We attended Nestle’s recent results briefing, which yielded no major surprises. However, we got some clarity on management’s future plans for the business, especially regarding the consolidation of the MILO operations at the Chembong factory in Negeri Sembilan. Management is of the view that consumer sentiment should continue to hold up and new product innovations should continue to spur topline growth, but cautioned on a possible uptick in certain key raw material prices. We retain our SELL call on valuation grounds.

9M18 Earnings Were Solid, Driven by Strong Demand

To recap, 9M18 earnings came in within expectations, primarily driven by strong demand for new product launches and margin improvements on lower raw material prices and realised efficiencies. We understand that new products such as the MAGGI Pedas Giler variety saw an overwhelming response from customers, which was also confirmed by our channel checks with certain retailers. The much improved consumer sentiment also provided steady tailwinds, and we concur with management that sentiment should continue to hold up into FY19.

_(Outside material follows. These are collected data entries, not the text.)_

-- ===== src/Systemd/Slice/Tests.antt =====
-- The theorems on slice names at concrete names.
use cgroups_rs.Base.{◌≡◌, ◌≢◌, refl, List, [], ◌∷◌, ◌++◌, map, none, ok, returns, panics}
use cgroups_rs.Text.{Text, codes}
use cgroups_rs.Text.Affix.{strip_suffix}
use cgroups_rs.Systemd.Slice.{slice_suffix, expand_slice}
use cgroups_rs.Systemd.Slice.Pieces.{join, starts, slice_of}
use cgroups_rs.Systemd.Slice.Path.{
  expand_slice-slice_of, expand_slice-ne-panics, expand_slice_twice,
}

abbrev parts : List Text
parts = codes "b" ∷ []

no_suffix : strip_suffix slice_suffix (join b'-' (codes "a" ∷ parts)) ≡ none
unfolding strip_suffix
no_suffix = refl

expand_slice-slice_of_example :
    expand_slice (slice_of (codes "a" ∷ parts))
    ≡ returns (ok (join b'/' (map slice_of (starts (codes "a" ∷ parts)))))
expand_slice-slice_of_example =
    expand_slice-slice_of (codes "a") parts ((refl, (refl, tt)), ((refl, (refl, tt)), tt)) no_suffix

slices_of_test : join b'/' (map slice_of (starts (codes "a" ∷ parts))) ≡ codes "a.slice/a-b.slice"
slices_of_test = refl

expand_slice-ne-panics_example : expand_slice (codes ".slice") ≢ panics
expand_slice-ne-panics_example = expand_slice-ne-panics (codes ".slice")

expand_slice_twice_example :
    expand_slice (slice_of (codes "a" ∷ parts) ++ slice_suffix)
    ≡ expand_slice (slice_of (codes "a" ∷ parts))
expand_slice_twice_example =
    expand_slice_twice (codes "a") parts ((refl, (refl, tt)), ((refl, (refl, tt)), tt)) no_suffix
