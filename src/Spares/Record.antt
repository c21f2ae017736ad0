-- ===== src/Spares/Record.antt =====
-- spare_part_movement_service.py: the operations that write the ledger. A quantity that the code would
-- find to be None or not finite is `none`. The arithmetic on the cached stock is the engine's. The business date of a movement, which the code may take
-- from the clock, is an argument.
use text.Mathlib.Text.{◌==◌ as str_eq}
use daily_figures.Common.{
  ℕ, ◌+◌, Bool, true, false, not, ◌&&◌, ◌||◌, Option, none, some, List, [], ◌∷◌, String, ℤ, pos,
  abs, is_negative, is_zero, ◌==◌, if◌then◌else◌, Result, ok, raise, ◌>>=◌, ◌>>◌, raise_if,
  map_error,
}
use daily_figures.Records.{User}
use daily_figures.Spares.{
  PartUnit, is_discrete_unit, SparePart, MovementType, stock_in, stock_out, adjustment_in,
  adjustment_out, is_increasing, active, void, is_active, Fields, Movement, Ledger, current_stock,
}
use daily_figures.Spares.Amounts.{
  Decimal, Engine, is_whole, difference, magnitude, from_thousandths,
}

-- `SparePartMovementError`, by its message; `insufficient_stock` is `InsufficientStockError`.
pub data MovementError : Type 0 where
  not_finite not_positive not_whole inactive_part insufficient_stock : MovementError
  requester_required unknown_machine other_department : MovementError
  count_reason_required already_void void_reason_required void_below_zero : MovementError

unfoldable pub validate_quantity_for_unit :
    (quantity : Option Decimal) → PartUnit → (allow_zero : Bool) → Result MovementError Decimal
validate_quantity_for_unit none unit allow_zero = raise not_finite
validate_quantity_for_unit (some q) unit allow_zero = do
  raise_if (is_negative q.units || (is_zero q.units && not allow_zero)) not_positive
  raise_if (is_discrete_unit unit && not (is_whole q)) not_whole
  ok q

abbrev pub set_cache : {S : Type 0} → S → SparePart S → SparePart S
set_cache cache part = record part { current_stock_cache = cache }

abbrev pub set_part : {S : Type 0} → ℕ → SparePart S → Ledger S → Ledger S
set_part id part db = record db {
  part_at = λ other. if other == id then some part else db.part_at other;
}

-- An UPDATE of a part that is not there changes no row.
unfoldable pub increase_cache :
    {S : Type 0} → Engine S → (spare_part_id : ℕ) → Decimal → Ledger S → Ledger S
increase_cache engine id quantity db = elim (db.part_at id) [
  | none ↦ db
  | some part ↦ set_part id (set_cache (engine.add part.current_stock_cache quantity) part) db
]

unfoldable pub decrease_cache :
    {S : Type 0}
    → Engine S
    → (spare_part_id : ℕ) → Decimal
    → Ledger S
    → Result MovementError (Ledger S)
decrease_cache engine id quantity db = elim (db.part_at id) [
  | none ↦ raise insufficient_stock
  | some part ↦
      if engine.at_least part.current_stock_cache quantity
      then ok (set_part id (set_cache (engine.subtract part.current_stock_cache quantity) part) db)
      else raise insufficient_stock
]

-- `_decrease_cache` for the types that decrease, else `_increase_cache`
abbrev pub move_cache :
    {S : Type 0}
    → Engine S
    → MovementType
    → ℕ
    → Decimal
    → Ledger S
    → Result MovementError (Ledger S)
move_cache engine type id quantity db =
    if is_increasing type
    then ok (increase_cache engine id quantity db)
    else decrease_cache engine id quantity db

abbrev pub movement_row :
    {S : Type 0}
    → SparePart S
    → MovementType
    → ℤ
    → User
    → (business_date : ℕ) → Fields
    → (id : ℕ) → Movement
movement_row part type quantity user date fields id = record {
  id = id;
  business_date = date;
  spare_part_id = part.id;
  movement_type = type;
  quantity = quantity;
  unit_snapshot = part.unit;
  entered_by_user_id = user.id;
  fields = fields;
  status = active;
  voided_by = none;
  voided_at = none;
  void_reason = none;
}

abbrev pub add_movement :
    {S : Type 0}
    → SparePart S
    → MovementType
    → ℤ
    → User
    → (business_date : ℕ) → Fields
    → Ledger S
    → Ledger S
add_movement part type quantity user date fields db = record db {
  movements = movement_row part type quantity user date fields db.next_movement_id ∷ db.movements;
  next_movement_id = db.next_movement_id + 1;
}

unfoldable pub create_movement :
    {S : Type 0}
    → Engine S
    → SparePart S
    → MovementType
    → (quantity : Option Decimal) → User
    → (business_date : ℕ) → Fields
    → Ledger S
    → Result MovementError (Ledger S)
unfolding validate_quantity_for_unit increase_cache decrease_cache
create_movement engine part type quantity user date fields db = do
  q ← validate_quantity_for_unit quantity part.unit false
  raise_if (not part.active) inactive_part
  db' ← move_cache engine type part.id q db
  ok (add_movement part type (engine.read_back q) user date fields db')

abbrev pub no_fields : Fields
no_fields = record {
  supplier_id = none;
  reference_doc = none;
  department_id = none;
  machine_id = none;
  requested_by = none;
  approved_by = none;
  reason = none;
  remarks = none;
  system_quantity_before = none;
  counted_quantity = none;
}

unfoldable pub record_stock_in :
    {S : Type 0}
    → Engine S
    → SparePart S
    → (quantity : Option Decimal) → User
    → (business_date : ℕ) → (supplier_id : Option ℕ) → (reference_doc remarks : Option String)
    → Ledger S
    → Result MovementError (Ledger S)
unfolding create_movement
record_stock_in engine part quantity user date supplier reference remarks =
    create_movement engine part stock_in quantity user date
      (record no_fields { supplier_id = supplier; reference_doc = reference; remarks = remarks })

-- `not text`
abbrev pub is_blank : Option String → Bool
is_blank none = true
is_blank (some text) = str_eq text ""

abbrev of_other_department : Option ℕ → ℕ → Bool
of_other_department none department = false
of_other_department (some own) department = not (own == department)

-- The check of a machine against the department that is chosen with it.
abbrev pub check_machine :
    {S : Type 0} → (machine_id department_id : Option ℕ) → Ledger S → Result MovementError Unit
check_machine none department db = ok tt
check_machine (some machine) none db = ok tt
check_machine (some machine) (some department) db = elim (db.machine_at machine) [
  | none ↦ raise unknown_machine
  | some m ↦ raise_if (of_other_department m.department_id department) other_department
]

unfoldable pub record_stock_out :
    {S : Type 0}
    → Engine S
    → SparePart S
    → (quantity : Option Decimal) → User
    → (business_date : ℕ) → (requested_by approved_by remarks : Option String)
    → (department_id machine_id : Option ℕ) → Ledger S
    → Result MovementError (Ledger S)
unfolding create_movement
record_stock_out engine part quantity user date requested approved remarks department machine db =
    do
      raise_if (is_blank requested) requester_required
      check_machine machine department db
      create_movement engine part stock_out quantity user date
          (record no_fields {
            requested_by = requested;
            approved_by = approved;
            remarks = remarks;
            department_id = department;
            machine_id = machine;
          })
          db

-- A direction that is neither is refused at the call.
pub data Direction : Type 0 where
  inward outward : Direction

abbrev pub adjustment_type : Direction → MovementType
adjustment_type inward = adjustment_in
adjustment_type outward = adjustment_out

unfoldable pub record_adjustment :
    {S : Type 0}
    → Engine S
    → SparePart S
    → (quantity : Option Decimal) → Direction
    → User
    → (business_date : ℕ) → (reason remarks : Option String) → Ledger S
    → Result MovementError (Ledger S)
unfolding create_movement
record_adjustment engine part quantity direction user date reason remarks =
    create_movement engine part (adjustment_type direction) quantity user date
      (record no_fields { reason = reason; remarks = remarks })

unfoldable pub record_opening_balance :
    {S : Type 0}
    → Engine S
    → SparePart S
    → (quantity : Option Decimal) → User
    → (business_date : ℕ) → (remarks : Option String) → Ledger S
    → Result MovementError (Ledger S)
unfolding record_adjustment
record_opening_balance engine part quantity user date remarks =
    record_adjustment engine part quantity inward user date (some "opening_balance") remarks

-- `difference >= 0`
abbrev pub count_type : ℤ → MovementType
count_type difference = if is_negative difference then adjustment_out else adjustment_in

-- The fields of a count: its reason, and both quantities that were compared.
abbrev pub count_fields :
    (reason : String) → (remarks : Option String) → (before counted : ℤ) → Fields
count_fields reason remarks before counted = record no_fields {
  reason = some reason;
  remarks = remarks;
  system_quantity_before = some before;
  counted_quantity = some counted;
}

-- `Decimal("0")`
abbrev pub zero_quantity : Decimal
zero_quantity = record { units = pos 0; decimals = 0 }

unfoldable pub correct_stock :
    {S : Type 0}
    → Engine S
    → SparePart S
    → (counted : Decimal) → (before : ℤ) → User
    → (business_date : ℕ) → (reason : String) → (remarks : Option String) → Ledger S
    → Result MovementError (Ledger S)
correct_stock engine part counted before user date reason remarks db =
    let off = difference counted before in
    let type = count_type off.units in
    let fields = count_fields reason remarks before (engine.read_back counted) in
    if abs off.units == 0
    then ok (add_movement part type (engine.read_back zero_quantity) user date fields db)
    else create_movement engine part type (some (magnitude off)) user date fields db

-- `(reason or "")`
abbrev pub text_of : Option String → String
text_of none = ""
text_of (some text) = text

-- `strip` is Python's `str.strip`.
unfoldable pub record_stock_count :
    {S : Type 0}
    → Engine S
    → (strip : String → String) → SparePart S
    → (counted_quantity : Option Decimal) → User
    → (business_date : ℕ) → (reason remarks : Option String) → Ledger S
    → Result MovementError (Ledger S)
record_stock_count engine strip part counted_quantity user date reason remarks db = do
  counted ← validate_quantity_for_unit counted_quantity part.unit true
  raise_if (not part.active) inactive_part
  raise_if (str_eq (strip (text_of reason)) "") count_reason_required
  correct_stock engine part counted (current_stock part.id db.movements) user date
      (strip (text_of reason)) remarks db

-- `except InsufficientStockError: raise SparePartMovementError(...)`
abbrev pub below_zero : MovementError → MovementError
below_zero e = void_below_zero

abbrev pub inverse_cache :
    {S : Type 0} → Engine S → Movement → Ledger S → Result MovementError (Ledger S)
inverse_cache engine m db =
    if is_increasing m.movement_type
    then map_error below_zero
        (decrease_cache engine m.spare_part_id (from_thousandths m.quantity) db)
    else ok (increase_cache engine m.spare_part_id (from_thousandths m.quantity) db)

abbrev pub void_row : (now : ℕ) → User → (reason : Option String) → Movement → Movement
void_row now user reason m = record m {
  status = void;
  voided_by = some user.id;
  voided_at = some now;
  void_reason = reason;
}

-- The UPDATE of the row with this id.
abbrev pub replace_row : ℕ → (Movement → Movement) → List Movement → List Movement
replace_row id f [] = []
replace_row id f (m ∷ ms) = if m.id == id then f m ∷ ms else m ∷ replace_row id f ms

unfoldable pub void_movement :
    {S : Type 0}
    → Engine S
    → (now : ℕ) → Movement
    → User
    → (reason : Option String) → Ledger S
    → Result MovementError (Ledger S)
unfolding increase_cache decrease_cache
void_movement engine now m user reason db = do
  raise_if (not (is_active m.status)) already_void
  raise_if (is_blank reason) void_reason_required
  db' ← inverse_cache engine m db
  ok (record db' { movements = replace_row m.id (void_row now user reason) db'.movements })
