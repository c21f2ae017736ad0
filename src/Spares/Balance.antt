-- ===== src/Spares/Balance.antt =====
-- spare_part_movement_service.py: how the stock that the ledger holds changes with a row, and the one
-- query for many parts against the query for each.
use daily_figures.Common.{
  ℕ, ◌≡◌, refl, sym, ◌∙◌, ap, inl, inr, Bool, true, false, ◌&&◌, Option, none, some, List, [], ◌∷◌,
  ℤ, pos, ◌+ℤ◌, +ℤ_assoc, +ℤ_swap, int_laws, ◌==◌, ==_iff, if◌then◌else◌, filter_where, sum_where,
  find_first, Bool-cases, &&_left, &&_right, arith,
}
use daily_figures.Spares.{
  MovementType, is_increasing, is_active, Movement, apply_movement, stock_loop, is_of,
  current_stock, Totals, set_total, zero_totals, is_in, total_or_zero, bulk_loop,
  bulk_current_stock,
}
use daily_figures.Spares.Record.{replace_row}

-- What a row adds to the stock.
abbrev pub signed : Movement → ℤ
signed m = apply_movement m.movement_type m.quantity (pos 0)

pub apply_movement-eq :
    (type : MovementType) (q total : ℤ)
    → apply_movement type q total ≡ total +ℤ apply_movement type q (pos 0)
apply_movement-eq type q total = elim (Bool-cases (is_increasing type)) [
  | inl up ↦ rw up (omega int_laws)
  | inr down ↦ rw down (omega int_laws)
]

stock_loop-sum :
    (c : Movement → Bool) (ms : List Movement) (total : ℤ)
    → stock_loop (filter_where c ms) total ≡ total +ℤ sum_where c signed ms
unfolding stock_loop
stock_loop-sum c [] total = omega int_laws
stock_loop-sum c (m ∷ ms) total = elim (Bool-cases (c m)) [
  | inr skipped ↦ rw skipped (stock_loop-sum c ms total ∙ omega int_laws)
  | inl counted ↦
      let next = apply_movement m.movement_type m.quantity total in
      let later : stock_loop (filter_where c ms) next ≡ next +ℤ sum_where c signed ms =
        stock_loop-sum c ms next in
      let here = apply_movement-eq m.movement_type m.quantity total in
      rw (counted, stock_loop)
        (later ∙ ap (λ (n : ℤ). n +ℤ sum_where c signed ms) here ∙ +ℤ_assoc total (signed m) _)
]

-- The loop over the rows of a part is the sum of what they add.
current_stock-sum :
    (id : ℕ) (ms : List Movement) → current_stock id ms ≡ sum_where (is_of id) signed ms
unfolding current_stock
current_stock-sum id ms = stock_loop-sum (is_of id) ms (pos 0) ∙ omega int_laws

-- What a row adds to the stock of a part.
unfoldable pub change : ℕ → Movement → ℤ
change id m = if is_of id m then signed m else pos 0

pub current_stock-row :
    (id : ℕ) (m : Movement) (ms : List Movement)
    → current_stock id (m ∷ ms) ≡ change id m +ℤ current_stock id ms
unfolding change
current_stock-row id m ms = rw (current_stock-sum id (m ∷ ms), current_stock-sum id ms) refl

abbrev pub has_id : ℕ → Movement → Bool
has_id id m = m.id == id

pub change-void : (id : ℕ) (m : Movement) → is_active m.status ≡ false → change id m ≡ pos 0
unfolding change
change-void id m h = elim (Bool-cases (m.spare_part_id == id)) [
  | inl own ↦ rw (own, h) refl
  | inr foreign ↦ rw foreign refl
]

eq_sym : (a b : ℕ) → (a == b) ≡ (b == a)
eq_sym a b = ground arith

pub change-active :
    (id : ℕ) (m : Movement)
    → is_active m.status ≡ true
    → change id m ≡ (if id == m.spare_part_id then signed m else pos 0)
unfolding change
change-active id m h =
    rw (h, eq_sym id m.spare_part_id)
      (elim (Bool-cases (m.spare_part_id == id)) [
        | inl own ↦ rw own refl
        | inr foreign ↦ rw foreign refl
      ])

-- A row that becomes void takes back what it added.
pub current_stock-void :
    (id : ℕ) (f : Movement → Movement) (m : Movement) (ms : List Movement)
    → find_first (has_id m.id) ms ≡ some m
    → is_active (f m).status ≡ false
    → current_stock id ms ≡ change id m +ℤ current_stock id (replace_row m.id f ms)
current_stock-void id f m [] found h = absurd (cc)
current_stock-void id f m (x ∷ xs) found h = elim (Bool-cases (x.id == m.id)) [
  | inl here ↦
      let same : x ≡ m = ap (value m) (rw here at found) in
      rw
        (
          here,
          current_stock-row id x xs,
          current_stock-row id (f x) xs,
          same,
          change-void id (f m) h,
        )
        (omega int_laws)
  | inr later ↦
      let rest = current_stock-void id f m xs (rw later at found) h in
      rw (later, current_stock-row id x xs, current_stock-row id x (replace_row m.id f xs))
        (ap (λ (n : ℤ). change id x +ℤ n) rest ∙ +ℤ_swap (change id x) (change id m) _)
]
  where
    value : Movement → Option Movement → Movement
    value d none = d
    value d (some x) = x

set_total-same : (id : ℕ) (t : ℤ) (totals : Totals) → set_total id t totals id ≡ some t
set_total-same id t totals = ground arith

set_total-other :
    (key id : ℕ) (t : ℤ) (totals : Totals)
    → (key == id) ≡ false
    → set_total key t totals id ≡ totals id
set_total-other key id t totals h = ground arith

-- A loop over rows of which the part's are all among them, and none is void.
module _ (id : ℕ) (c : Movement → Bool) where
  bulk_loop-some :
      (ms : List Movement) (totals : Totals) (total : ℤ)
      → ((m : Movement) → is_of id m ≡ true → c m ≡ true)
      → ((m : Movement) → c m ≡ true → is_active m.status ≡ true)
      → totals id ≡ some total
      → bulk_loop (filter_where c ms) totals id
        ≡ some (stock_loop (filter_where (is_of id) ms) total)
  unfolding bulk_loop stock_loop
  bulk_loop-some [] totals total all sound h = h
  bulk_loop-some (m ∷ ms) totals total all sound h = elim (Bool-cases (c m)) [
    | inr skipped ↦ elim (Bool-cases (is_of id m)) [
      | inl own ↦ cc (all m own)
      | inr foreign ↦ rw (foreign, skipped) (bulk_loop-some ms totals total all sound h)
    ]
    | inl counted ↦ elim (Bool-cases (m.spare_part_id == id)) [
      | inl own ↦
          rw (counted, own, sound m counted, bulk_loop, stock_loop)
            (bulk_loop-some ms _ _ all sound (added own))
      | inr foreign ↦
          rw (counted, foreign, bulk_loop)
            (bulk_loop-some ms _ _ all sound
              (set_total-other m.spare_part_id id _ totals foreign ∙ h))
    ]
  ]
    where
      added :
          (m.spare_part_id == id) ≡ true
          → set_total m.spare_part_id
              (apply_movement m.movement_type m.quantity (total_or_zero (totals m.spare_part_id)))
              totals
              id
            ≡ some (apply_movement m.movement_type m.quantity total)
      added own =
          let same = (==_iff m.spare_part_id id).0 own in
          ap
            (λ (k : ℕ).
              set_total k (apply_movement m.movement_type m.quantity (total_or_zero (totals k)))
                totals id)
            same
          ∙ set_total-same id
              (apply_movement m.movement_type m.quantity (total_or_zero (totals id))) totals
          ∙ ap
              (λ (o : Option ℤ). some (apply_movement m.movement_type m.quantity (total_or_zero o)))
              h

  bulk_loop-none :
      (ms : List Movement) (totals : Totals)
      → ((m : Movement) → c m ≡ true → (m.spare_part_id == id) ≡ false)
      → totals id ≡ none
      → bulk_loop (filter_where c ms) totals id ≡ none
  unfolding bulk_loop
  bulk_loop-none [] totals foreign h = h
  bulk_loop-none (m ∷ ms) totals foreign h = elim (Bool-cases (c m)) [
    | inr skipped ↦ rw skipped (bulk_loop-none ms totals foreign h)
    | inl counted ↦
        rw (counted, bulk_loop)
          (bulk_loop-none ms _ foreign
            (set_total-other m.spare_part_id id _ totals (foreign m counted) ∙ h))
  ]

zero_totals-eq :
    (ids : List ℕ) (id : ℕ) → zero_totals ids id ≡ (if is_in ids id then some (pos 0) else none)
zero_totals-eq [] id = refl
zero_totals-eq (x ∷ xs) id = elim (Bool-cases (id == x)) [
  | inl here ↦ rw here refl
  | inr later ↦ rw later (zero_totals-eq xs id)
]

module _ (asked : ℕ → Bool) (id : ℕ) (m : Movement) where
  rows_of_asked :
      asked id ≡ true → is_of id m ≡ true → (asked m.spare_part_id && is_active m.status) ≡ true
  rows_of_asked h own =
      let same = (==_iff m.spare_part_id id).0 (&&_left (m.spare_part_id == id) _ own) in
      rw (same, h) (&&_right (m.spare_part_id == id) _ own)

  no_rows_of_other :
      asked id ≡ false
      → (asked m.spare_part_id && is_active m.status) ≡ true
      → (m.spare_part_id == id) ≡ false
  no_rows_of_other h counted = elim (Bool-cases (m.spare_part_id == id)) [
    | inr foreign ↦ foreign
    | inl own ↦
        let same = (==_iff m.spare_part_id id).0 own in
        let asked_for : asked id ≡ true =
          ap asked (sym same) ∙ &&_left (asked m.spare_part_id) (is_active m.status) counted in
        cc
  ]

-- One query for many parts gives, for each part that is asked for, the stock that the ledger of the
-- part alone gives, and it gives no total for any other part.
pub bulk_current_stock-eq :
    (ids : List ℕ) (ms : List Movement) (id : ℕ)
    → bulk_current_stock ids ms id ≡ (if is_in ids id then some (current_stock id ms) else none)
unfolding bulk_current_stock current_stock
bulk_current_stock-eq [] ms id = refl
bulk_current_stock-eq (x ∷ xs) ms id =
    let c = λ (m : Movement). is_in (x ∷ xs) m.spare_part_id && is_active m.status in
    elim (Bool-cases (is_in (x ∷ xs) id)) [
      | inl asked ↦ rw asked (
          bulk_loop-some id c ms (zero_totals (x ∷ xs)) (pos 0)
            (λ m own. rows_of_asked (is_in (x ∷ xs)) id m asked own)
            (λ m counted. &&_right (is_in (x ∷ xs) m.spare_part_id) (is_active m.status) counted)
            (zero_totals-eq (x ∷ xs) id ∙ rw asked refl))
      | inr other ↦ rw other (
          bulk_loop-none id c ms (zero_totals (x ∷ xs))
            (λ m counted. no_rows_of_other (is_in (x ∷ xs)) id m other counted)
            (zero_totals-eq (x ∷ xs) id ∙ rw other refl))
    ]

Some Updates on the Disposal of the Chilled Dairy Business

We also got further clarity on the proposed disposal of Nestle’s chilled dairy business to Lactalis. The rationale for the disposal was two-fold: i) Strategically, Lactalis is better positioned to develop and grow the chilled dairy business in Malaysia, considering its strong portfolio of dairy business globally, and ii) A bulk of the sales proceeds of RM155m allows Nestle to rationalise the MILO business in an existing factory in Chembong, Negeri Sembilan, which entails the expansion of manufacturing capacity and efficiency gains, to cater to growing demand.

Outlook still looks bright, but foresee an uptick in raw material prices

We believe that the outlook remains strong for Nestle considering its strong branding in Malaysia and positive consumer sentiment, which translate into a good take-up of its new product offerings. On the flip side, moving forward, management believes that prices of some key raw materials, such as milk powder and certain grains, might increase in the near term, due to the normalisation of supply/demand dynamics globally. However, we believe that this can be mitigated by adequate hedging strategies and efficiency gains in Nestle’s operations.

Maintain SELL on Lofty Valuations, No Significant Rerating Catalysts

As the briefing did not yield any major surpises, we make no changes to our estimates. We believe the bright prospects have been more than adequately priced in, and thus retain our SELL call with an unchanged DCF-derived TP of RM111.00. Upside risks: less competitive environment in the F&B space; sharp decline in raw material prices.